Among the records, which lines hold the word "IsRecorded"? Pick them out.

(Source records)
==================================================

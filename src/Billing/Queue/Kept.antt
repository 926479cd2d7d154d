-- ===== src/Billing/Queue/Kept.antt =====
-- internal/services/billing: a job that was enqueued is recorded, or waits in the queue.
use mathlib.Core.Path.{subst}
use orbit_api.Common.{
  get_elem?-modify, get_elem?-modify_ne, modify, ==_iff, Bool, if◌then◌else◌, ◌≢◌, ◌==◌,
  get_elem?-append_last, get_elem?-append, length, ◌∷◌, Bool-cases, Option-cases, get_elem?, List,
  ℕ, ◌≡◌, refl, ap, ◌∙◌, ◌⊎◌, inl, inr, true, false, some, [], arith,
}
use orbit_api.Common.Branches.{result_known, option_known, result_either, if_either, option_either}
use orbit_api.Common.Table.{lookup}
use orbit_api.Common.Result.{ok}
use orbit_api.Common.Int.{ℤ}
use orbit_api.Common.Str.{Str}
use orbit_api.Store.{pricing_key, Db}
use orbit_api.Store.Tx.{Link}
use orbit_api.Billing.Queue.{
  delete, redrive, redriving, receiving, enqueuing, calling, Event, consume, consume_all, enqueue,
  publish, step, step_all, Message, Delivery, Shared, JobCodec, consume_job, decode_job,
}
use orbit_api.Billing.Queue.Once.{
  enqueue-Stays, consume-Stays, step-Stays, Stays-HasHold, process_job-Stays, IsRecorded-Stays,
  process_job-IsRecorded, HasHold,
}
use orbit_api.Billing.History.Stays.Performed.{perform-Stays}
use orbit_api.Billing.Processor.{
  params_of, get_by_catalogue_id, process_job, load_pricing, Job, vendor_amount,
}
use orbit_api.Billing.Ledger.Retry.{IsRecorded}
use orbit_api.Billing.History.Stays.{Stays}

-- The job is recorded: its request and, if it costs something, a usage entry stand under its key, and
-- its hold is not open.
abbrev pub IsSettled : Job → Db → Type 0
IsSettled j d = (a : ℤ) × (vendor_amount (λ st. false) j d ≡ ok a) × IsRecorded (params_of j a) d

-- A message from which the worker reads the job stands in the queue or the dead-letter queue.
abbrev pub IsWaiting : JobCodec → Job → List Message → Type 0
IsWaiting codec j q =
    (n : ℕ) × (m : Message) × (get_elem? q n ≡ some m)
    × (m.deleted ≡ false)
    × (decode_job codec m.body ≡ ok j)

-- A database and a queue in which the job is recorded or waits.
abbrev IsFound : JobCodec → Job → Shared → Type 0
IsFound codec j s = IsSettled j s.db ⊎ IsWaiting codec j s.queue

record IsKept (codec : JobCodec) (j : Job) (s : Shared) : Type 0 where
  held : HasHold j.hold_id s.db
  kept : IsFound codec j s

pub vendor_amount-answered :
    (link : Link) (j : Job) (d : Db) {a : ℤ}
    → vendor_amount link j d ≡ ok a
    → vendor_amount (λ st. false) j d ≡ ok a
unfolding vendor_amount load_pricing get_by_catalogue_id
vendor_amount-answered link j d {a} e =
    elim (Option-cases (lookup pricing_key j.model_catalogue_id d.pricing)) [
      | inl missing ↦ ground (arith, missing)
      | inr (price, found) ↦ ground (arith, found)
    ]

pub vendor_amount-prices :
    (link : Link) (j : Job) (d d' : Db)
    → d'.pricing ≡ d.pricing
    → vendor_amount link j d' ≡ vendor_amount link j d
unfolding vendor_amount load_pricing get_by_catalogue_id
vendor_amount-prices link j d d' same = rw same refl

IsSettled-Stays :
    (j : Job) (d d' : Db) → Stays d d' → HasHold j.hold_id d → IsSettled j d → IsSettled j d'
IsSettled-Stays j d d' stay held (a, cost, recorded) = (
  a,
  vendor_amount-prices (λ st. false) j d d' stay.prices_same ∙ cost,
  IsRecorded-Stays stay held recorded,
)

process_job-IsSettled :
    (link : Link) (now : ℕ) (request_id : Str) (j : Job) (d : Db) {x : Unit {0}}
    → (process_job link now request_id j d).0 ≡ ok x
    → IsSettled j (process_job link now request_id j d).1
process_job-IsSettled link now request_id j d {x} e =
    let after = (process_job link now request_id j d).1 in
    let whole : process_job link now request_id j d ≡ (ok x, after) = ground (arith, e) in
    let (a, cost, recorded) = process_job-IsRecorded link now request_id j d whole in
    (
      a,
      vendor_amount-prices (λ st. false) j d after
            (process_job-Stays link now request_id j d).prices_same
          ∙ vendor_amount-answered link j d cost,
      recorded,
    )

marked :
    (n i : ℕ) (deleting : Bool) (q : List Message) {m : Message}
    → i ≢ n
    → get_elem? q n ≡ some m
    → get_elem? (if deleting then modify delete q i else q) n ≡ some m
marked n i true q ne found = get_elem?-modify_ne delete q i n ne ∙ found
marked n i false q ne found = found

-- A message that is redriven waits in the dead-letter queue.
redriven :
    (codec : JobCodec) (j : Job) (n i : ℕ) (q : List Message) {m : Message}
    → get_elem? q n ≡ some m
    → m.deleted ≡ false
    → decode_job codec m.body ≡ ok j
    → IsWaiting codec j (modify redrive q i)
redriven codec j n i q {m} found live reads = elim (Bool-cases (i == n)) [
  | inl same ↦
      let here : i ≡ n = (==_iff i n).0 same in
      (n, redrive m, rw here (get_elem?-modify redrive q n found), live, reads)
  | inr other ↦
      let ne : i ≢ n = λ e. cc ((==_iff i n).1 e, other) in
      (n, m, get_elem?-modify_ne redrive q i n ne ∙ found, live, reads)
]

-- A waiting message stays until its own job is recorded.
consume_job-kept :
    (codec : JobCodec) (j : Job) (v : Delivery) (j' : Job) (s : Shared)
    → ((m : Message) → get_elem? s.queue v.message ≡ some m → decode_job codec m.body ≡ ok j')
    → IsWaiting codec j s.queue
    → IsFound codec j (consume_job v j' s)
unfolding consume_job
consume_job-kept codec j v j' s taken (n, m, found, live, reads) =
    result_known (IsFound codec j) (process_job v.link v.now v.request_id j' s.db).0
      (λ u went. elim (Bool-cases (v.message == n)) [
        | inl same ↦
            let here : v.message ≡ n = (==_iff v.message n).0 same in
            let one = taken m (ap (get_elem? s.queue) here ∙ found) in
            let mine : j' ≡ j = cc (one, reads) in
            inl (
              subst (λ (i : Job). IsSettled i (process_job v.link v.now v.request_id j' s.db).1)
                mine (process_job-IsSettled v.link v.now v.request_id j' s.db went))
        | inr other ↦
            let ne : v.message ≢ n = λ e. cc ((==_iff v.message n).1 e, other) in
            inr (n, m, marked n v.message v.deleting s.queue ne found, live, reads)
      ])
      (λ x failed. inr (n, m, found, live, reads))

consume-kept :
    (codec : JobCodec) (j : Job) (v : Delivery) (s : Shared)
    → IsWaiting codec j s.queue
    → IsFound codec j (consume codec v s)
unfolding consume
consume-kept codec j v s waits =
    option_known (IsFound codec j) (get_elem? s.queue v.message) (λ gone. inr waits)
      λ m there.
        result_known (IsFound codec j) (decode_job codec m.body)
          (λ j' good.
            consume_job-kept codec j v j' s
              (λ m' there'.
                let one : m' ≡ m = cc (there, there') in
                ap (λ (x : Message). decode_job codec x.body) one ∙ good)
              waits)
          (λ e bad. inr waits)

-- Any step keeps a job that is kept, once its hold is there.
IsKept-on :
    {codec : JobCodec} {j : Job} {s s' : Shared}
    → Stays s.db s'.db
    → (IsWaiting codec j s.queue → IsFound codec j s')
    → IsKept codec j s
    → IsKept codec j s'
IsKept-on {j} {s} {s'} stay waiting k = record {
  held = Stays-HasHold stay k.held;
  kept = elim k.kept [
    | inl done ↦ inl (IsSettled-Stays j s.db s'.db stay k.held done)
    | inr waits ↦ waiting waits
  ];
}

consume_all-IsKept :
    (codec : JobCodec) (j : Job) (vs : List Delivery) (s : Shared)
    → IsKept codec j s
    → IsKept codec j (consume_all codec vs s)
unfolding consume_all
consume_all-IsKept codec j [] s k = k
consume_all-IsKept codec j (v ∷ vs) s k =
    consume_all-IsKept codec j vs (consume codec v s)
      (IsKept-on (consume-Stays codec v s) (consume-kept codec j v s) k)

publish-IsWaiting :
    (codec : JobCodec) (sent : Bool) (j j' : Job) (q : List Message)
    → IsWaiting codec j q
    → IsWaiting codec j (publish codec sent j' q)
unfolding publish
publish-IsWaiting codec sent j j' q (n, m, found, live, reads) =
    option_either (IsWaiting codec j) (codec.marshal j') (n, m, found, live, reads)
      λ body.
        if_either (IsWaiting codec j) sent (n, m, get_elem?-append q _ n found, live, reads)
          (n, m, found, live, reads)

step-IsKept :
    (codec : JobCodec) (j : Job) (e : Event) (s : Shared)
    → IsKept codec j s
    → IsKept codec j (step codec e s)
unfolding step enqueue
step-IsKept codec j (calling link op) s k = IsKept-on (perform-Stays link op s.db) (λ w. inr w) k
step-IsKept codec j (enqueuing link now request_id sent j') s k =
    IsKept-on (step-Stays codec (enqueuing link now request_id sent j') s)
      (λ w.
        result_either (IsFound codec j) (process_job link now request_id j' s.db).0 (λ u. inr w)
          (λ x. inr (publish-IsWaiting codec sent j j' s.queue w)))
      k
step-IsKept codec j (receiving vs) s k = consume_all-IsKept codec j vs s k
step-IsKept codec j (redriving i) s k =
    IsKept-on (step-Stays codec (redriving i) s)
      (λ (n, m, found, live, reads). inr (redriven codec j n i s.queue found live reads)) k

step_all-IsKept :
    (codec : JobCodec) (j : Job) (es : List Event) (s : Shared)
    → IsKept codec j s
    → IsKept codec j (step_all codec es s)
unfolding step_all
step_all-IsKept codec j [] s k = k
step_all-IsKept codec j (e ∷ es) s k =
    step_all-IsKept codec j es (step codec e s) (step-IsKept codec j e s k)

enqueue-IsKept :
    (codec : JobCodec) (link : Link) (now : ℕ) (request_id : Str) (j : Job) (s : Shared)
    {body : Str}
    → codec.marshal j ≡ some body
    → decode_job codec body ≡ ok j
    → HasHold j.hold_id s.db
    → IsKept codec j (enqueue codec link now request_id true j s)
unfolding enqueue publish
enqueue-IsKept codec link now request_id j s {body} written reads held = record {
  held = Stays-HasHold (enqueue-Stays codec link now request_id true j s) held;
  kept =
      result_known (IsFound codec j) (process_job link now request_id j s.db).0
        (λ u went. inl (process_job-IsSettled link now request_id j s.db went))
        (λ x failed. inr (
          rw (written, publish) (length s.queue, _, get_elem?-append_last s.queue _, refl, reads)));
}

-- A job is never lost: once it was handed to the enqueuer, where the queue takes it if it is asked,
-- and whatever calls, requests, deliveries and redrives have come since, it is recorded (its request
-- and, if it costs something, a usage entry stand under its key, and its hold is not open), or a message
-- from which the worker reads it stands in the queue or in its dead-letter queue. (Its JSON reads back as
-- a job that the worker does not refuse, and its hold is in the table, or it has none.)
pub enqueue_never_lost :
    (codec : JobCodec) (link : Link) (now : ℕ) (request_id : Str) (j : Job) (s : Shared)
    (es : List Event) {body : Str}
    → codec.marshal j ≡ some body
    → decode_job codec body ≡ ok j
    → HasHold j.hold_id s.db
    → IsSettled j (step_all codec es (enqueue codec link now request_id true j s)).db
      ⊎ IsWaiting codec j (step_all codec es (enqueue codec link now request_id true j s)).queue
enqueue_never_lost codec link now request_id j s es written reads held =
    (step_all-IsKept codec j es _
      (enqueue-IsKept codec link now request_id j s written reads held)).kept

==================================================

(Your solution):
  enqueue-Stays, consume-Stays, step-Stays, Stays-HasHold, process_job-Stays, IsRecorded-Stays,
  process_job-IsRecorded, HasHold,
use orbit_api.Billing.Ledger.Retry.{IsRecorded}
IsSettled j d = (a : ℤ) × (vendor_amount (λ st. false) j d ≡ ok a) × IsRecorded (params_of j a) d
  IsRecorded-Stays stay held recorded,
    let (a, cost, recorded) = process_job-IsRecorded link now request_id j d whole in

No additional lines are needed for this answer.